Many of the materials that are used as electrocatalysts, such as LSM, SSC, etc., have low electronic conductivity relative to metals, and a porous layer of such materials possesses even lower conductivity. In conventional cathode structures, the cathode is relatively thick (˜25-50 μm) and causes undesirable resistive power losses (higher total cell resistance). Reduction of the thickness of the high-resistance portion of the cathode structure can therefore significantly increase the efficiency of the cell.
Known methods used to increase the spatial extent of the TPB include enhancing the surface area of the dense electrolyte. This may be done by roughening the surface by sintering electrolyte particles onto the surface or sintering a thick porous coating of electrolyte material onto the surface, thus increasing the total area of the electrolyte available to form the TPB. These methods may also increase the adhesion of the electrocatalyst as well as the current collector layer.

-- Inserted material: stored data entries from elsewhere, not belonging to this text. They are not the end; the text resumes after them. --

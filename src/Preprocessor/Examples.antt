-- ===== src/Preprocessor/Examples.antt =====
-- The directives of short texts.
use code_analyzer.Prelude.{ℕ, ◌≡◌, refl, Bool, true, false, List, [], ◌∷◌, ◌++◌, map, length, All}
use code_analyzer.Prelude.Text.{Text, codes}
use code_analyzer.Prelude.Sort.{sorted}
use code_analyzer.Plan.{line_starts}
use code_analyzer.Preprocessor.{
  directives, conditional_arms, merge_spans, unterminated_conditional, unbalanced_endif, Arm,
  Imbalance,
}
use code_analyzer.Preprocessor.Lines.{Ordered, directives-Ordered}
use code_analyzer.Preprocessor.Arms.{Within, conditional_arms-Within}
use code_analyzer.Preprocessor.Spans.{covers, Apart, merge_spans-covers}

-- The text of some lines, each ended by a line break.
abbrev text_of : List Text → Text
text_of [] = []
text_of (line ∷ lines) = line ++ 10 ∷ text_of lines

abbrev arms_of : Text → List Arm × List Imbalance
arms_of text =
    conditional_arms (directives text (line_starts text)) (length text) (line_starts text)

-- A dead arm with an arm inside it, and a live one that stays open.
abbrev branches : Text
branches = text_of (
    codes "#if 0"
    ∷ codes "#ifdef A"
    ∷ codes "a;"
    ∷ codes "#endif"
    ∷ codes "#else"
    ∷ codes "b;"
    ∷ [])

branches_dead : map (λ a. a.dead) (arms_of branches).0 ≡ true ∷ true ∷ false ∷ []
unfolding conditional_arms directives line_starts
branches_dead = refl

branches_open : (arms_of branches).1 ≡ unterminated_conditional ∷ []
unfolding conditional_arms directives line_starts
branches_open = refl

lone_endif : (arms_of (text_of (codes "#endif" ∷ []))).1 ≡ unbalanced_endif ∷ []
unfolding conditional_arms directives line_starts
lone_endif = refl

-- A backslash splices the next line to the directive's own.
spliced :
    map {B = ℕ × ℕ}
      (λ d. (d.start, d.stop))
      (directives (text_of (codes "#if A\\" ∷ codes "B" ∷ codes "c" ∷ [])) (0 ∷ 7 ∷ 9 ∷ []))
    ≡ (0, 8) ∷ []
unfolding directives
spliced = refl

-- White space between `#` and `if` is allowed in C, and it makes the arm live: `split` then takes
-- the `#` for the first word, so the condition that is compared with 0 is `if 0`.
blank_behind_hash_live :
    map {B = Text × Bool}
      (λ a. (a.condition, a.dead))
      (arms_of (text_of (codes "# if 0" ∷ codes "a;" ∷ codes "#endif" ∷ []))).0
    ≡ (codes "if 0", false) ∷ []
unfolding conditional_arms directives line_starts
blank_behind_hash_live = refl

abbrev overlapping : List (ℕ × ℕ)
overlapping = (9, 12) ∷ (0, 3) ∷ (2, 5) ∷ (7, 7) ∷ (5, 6) ∷ []

overlapping_merged : merge_spans overlapping ≡ (0, 6) ∷ (9, 12) ∷ []
unfolding merge_spans sorted
overlapping_merged = refl

directives-Ordered_example :
    Ordered 0 (length branches) (directives branches (line_starts branches))
directives-Ordered_example = directives-Ordered branches (line_starts branches)

conditional_arms-Within_example : All (Within (length branches)) (arms_of branches).0
conditional_arms-Within_example = conditional_arms-Within branches (line_starts branches)

merge_spans-covers_example :
    ((k : ℕ) → covers k (merge_spans overlapping) ≡ covers k overlapping)
    × Apart (merge_spans overlapping)
merge_spans-covers_example = merge_spans-covers overlapping
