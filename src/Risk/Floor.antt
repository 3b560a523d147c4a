-- ===== src/Risk/Floor.antt =====
-- What `classify` promises whatever the signals: a declared tier that is not below the floor.
use code_analyzer.Prelude.{
  ◌≤◌, ◌≡◌, refl, Bool, true, false, ◌||◌, not, Option, none, some, List, [], ◌∷◌, ltb,
  if◌then◌else◌, any, arith, All, Bool-cases, inl, inr,
}
use code_analyzer.Prelude.Text.{Text, text_eq, codes, strip, is_empty}
use code_analyzer.Schema.{lower}
use code_analyzer.Risk.{
  risk_tiers, RiskProfile, Target, Why, tier_rank, rpartition, override_of, add_override,
  parse_overrides, first_row, tier_rows, auto_tier, is_match, override_for, base_tier,
  apply_override, apply_floor, classify,
}

-- One of the four tiers.
abbrev pub is_tier : Text → Bool
is_tier t = any (text_eq t) risk_tiers

-- The settings that the configuration lets through.
abbrev pub IsDeclared : RiskProfile → Type 0
IsDeclared p =
    (text_eq p.profile (codes "auto") || is_tier p.profile ≡ true)
    × (is_tier p.min_tier ≡ true)
    × All (λ o. is_tier o.1 ≡ true) p.overrides

rows-tier :
    (rows : List (Bool × (Text × Why)))
    → All (λ row. is_tier row.1.0 ≡ true) rows
    → is_tier (first_row rows).0 ≡ true
rows-tier [] h = refl
rows-tier ((true, row) ∷ rows) h = h.0
rows-tier ((false, row) ∷ rows) h = rows-tier rows h.1

floor-rank :
    (min_tier : Text) (r : Text × List Why)
    → tier_rank (apply_floor min_tier r).0 ≤ tier_rank min_tier
floor-rank min_tier r = elim (Bool-cases (ltb (tier_rank min_tier) (tier_rank r.0))) [
  | inl e ↦ rw e (omega arith)
  | inr e ↦ rw e (ground arith)
]

floor-tier :
    (min_tier : Text) (r : Text × List Why)
    → is_tier min_tier ≡ true
    → is_tier r.0 ≡ true
    → is_tier (apply_floor min_tier r).0 ≡ true
floor-tier min_tier r h k = elim (Bool-cases (ltb (tier_rank min_tier) (tier_rank r.0))) [
  | inl e ↦ rw e h
  | inr e ↦ rw e k
]

abbrev OptionOk : Option (Text × Text) → Type 0
OptionOk none = Unit
OptionOk (some o) = is_tier o.1 ≡ true

override-tier :
    (o : Option (Text × Text)) (r : Text × List Why)
    → OptionOk o
    → is_tier r.0 ≡ true
    → is_tier (apply_override o r).0 ≡ true
override-tier none r h k = k
override-tier (some o) r h k = h

if-OptionOk :
    (b : Bool) (x y : Option (Text × Text))
    → OptionOk x
    → OptionOk y
    → OptionOk (if b then x else y)
if-OptionOk true x y h k = h
if-OptionOk false x y h k = k

base-tier :
    (p : RiskProfile) (auto : Text × Why)
    → IsDeclared p
    → is_tier auto.0 ≡ true
    → is_tier (base_tier p auto).0 ≡ true
base-tier p auto h k = elim (Bool-cases (text_eq p.profile (codes "auto"))) [
  | inl e ↦ rw e k
  | inr e ↦ rw e (ground (arith, h.0))
]

override_of-OptionOk : (parts : Option (Text × Text)) → OptionOk (override_of parts)
override_of-OptionOk none = tt
override_of-OptionOk (some (pattern, tier)) =
    elim (Bool-cases (is_empty (strip pattern) || not (is_tier (lower (strip tier))))) [
      | inl e ↦ rw e tt
      | inr e ↦ rw e (ground (arith, e))
    ]

abbrev ListOk : Option (List (Text × Text)) → Type 0
ListOk none = Unit
ListOk (some os) = All (λ o. is_tier o.1 ≡ true) os

add_override-ListOk :
    (o : Option (Text × Text)) (rest : Option (List (Text × Text)))
    → OptionOk o
    → ListOk rest
    → ListOk (add_override o rest)
add_override-ListOk none rest h k = tt
add_override-ListOk (some o) none h k = tt
add_override-ListOk (some o) (some rest) h k = (h, k)

parse_overrides-ListOk : (values : List Text) → ListOk (parse_overrides values)
parse_overrides-ListOk [] = tt
parse_overrides-ListOk (raw ∷ values) = elim (Bool-cases (is_empty (strip raw))) [
  | inl e ↦ rw e (parse_overrides-ListOk values)
  | inr e ↦ rw e (
      add_override-ListOk (override_of (rpartition (strip raw))) (parse_overrides values)
        (override_of-OptionOk (rpartition (strip raw))) (parse_overrides-ListOk values))
]

module _ (fnmatch path_match : (path pattern : Text) → Bool) (name_of : Text → Text) where
  override_for-OptionOk :
      (path : Text) (overrides : List (Text × Text)) (match : Option (Text × Text))
      → OptionOk match
      → All (λ o. is_tier o.1 ≡ true) overrides
      → OptionOk (override_for fnmatch path_match name_of path match overrides)
  override_for-OptionOk path [] match h k = h
  override_for-OptionOk path (o ∷ overrides) match h k =
      override_for-OptionOk path overrides
        (if is_match fnmatch path_match name_of path o.0 then some o else match)
        (if-OptionOk (is_match fnmatch path_match name_of path o.0) (some o) match k.0 h) k.1

module _ (fragments : Text → List Text) (opaque has_length : Text → Bool) where
  auto_tier-tier : (u : Target) → is_tier (auto_tier fragments opaque has_length u).0 ≡ true
  auto_tier-tier u =
      rows-tier (tier_rows fragments opaque has_length u)
        (refl, (refl, (refl, (refl, (refl, (refl, (refl, (refl, (refl, (refl, tt))))))))))

  -- Under settings that the configuration lets through, every unit gets one of the four tiers, and
  -- never a tier below the floor `min_tier`, whatever overrides say.
  pub classify-floor :
      (fnmatch path_match : (path pattern : Text) → Bool) (name_of : Text → Text) (u : Target)
      (p : RiskProfile)
      → IsDeclared p
      → let tier = (classify fragments opaque has_length fnmatch path_match name_of u p).0 in
        (is_tier tier ≡ true) × (tier_rank tier ≤ tier_rank p.min_tier)
  unfolding classify
  classify-floor fnmatch path_match name_of u p h =
      let before =
        apply_override (override_for fnmatch path_match name_of u.path none p.overrides)
          (base_tier p (auto_tier fragments opaque has_length u)) in
      (
        floor-tier p.min_tier before h.1 (
            override-tier (override_for fnmatch path_match name_of u.path none p.overrides)
              (base_tier p (auto_tier fragments opaque has_length u))
              (override_for-OptionOk fnmatch path_match name_of u.path p.overrides none tt h.2)
              (base-tier p (auto_tier fragments opaque has_length u) h (auto_tier-tier u))),
        floor-rank p.min_tier before,
      )
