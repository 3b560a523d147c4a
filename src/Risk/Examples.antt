-- ===== src/Risk/Examples.antt =====
-- A unit in a crypto directory under a floor.
use code_analyzer.Prelude.{◌≤◌, ◌≡◌, refl, Bool, true, false, List, [], ◌∷◌}
use code_analyzer.Prelude.Text.{Text, codes}
use code_analyzer.Risk.{RiskProfile, Target, classify, tier_rank}
use code_analyzer.Risk.Floor.{is_tier, classify-floor}

abbrev fragments : Text → List Text
fragments t = t ∷ []

abbrev never : Text → Bool
never _ = false

abbrev target : Target
target = record {
  path = codes "a/led.c";
  name = codes "led";
  kind = codes "function";
  signature = [];
  is_header = false;
  dead = false;
}

abbrev profile : RiskProfile
profile = record {
  profile = codes "auto";
  min_tier = codes "medium";
  overrides = (codes "a/", codes "low") ∷ [];
}

classify-floor_example :
    let tier =
      (classify fragments never never (λ _ _. false) (λ _ _. false) (λ t. t) target profile).0 in
    (is_tier tier ≡ true) × (tier_rank tier ≤ tier_rank (codes "medium"))
classify-floor_example =
    classify-floor fragments never never (λ _ _. false) (λ _ _. false) (λ t. t) target profile
      (refl, refl, (refl, tt))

However roughening the surface of the electrolyte results in only a minor increase in the surface area, and sintering a thick porous layer to the electrolyte surface requires using pore-formers, such as graphite particles, and generally results in relatively low porosity, high tortuosity, and many grain boundaries within the structure, all of which reduce the efficiency of the cell. In particular, it is known that a porous ion conductor which has a thickness large relative to the grain size has a decreased effective ion conductivity, indicating again that a reduction of the thickness of the cathode structure would be advantageous.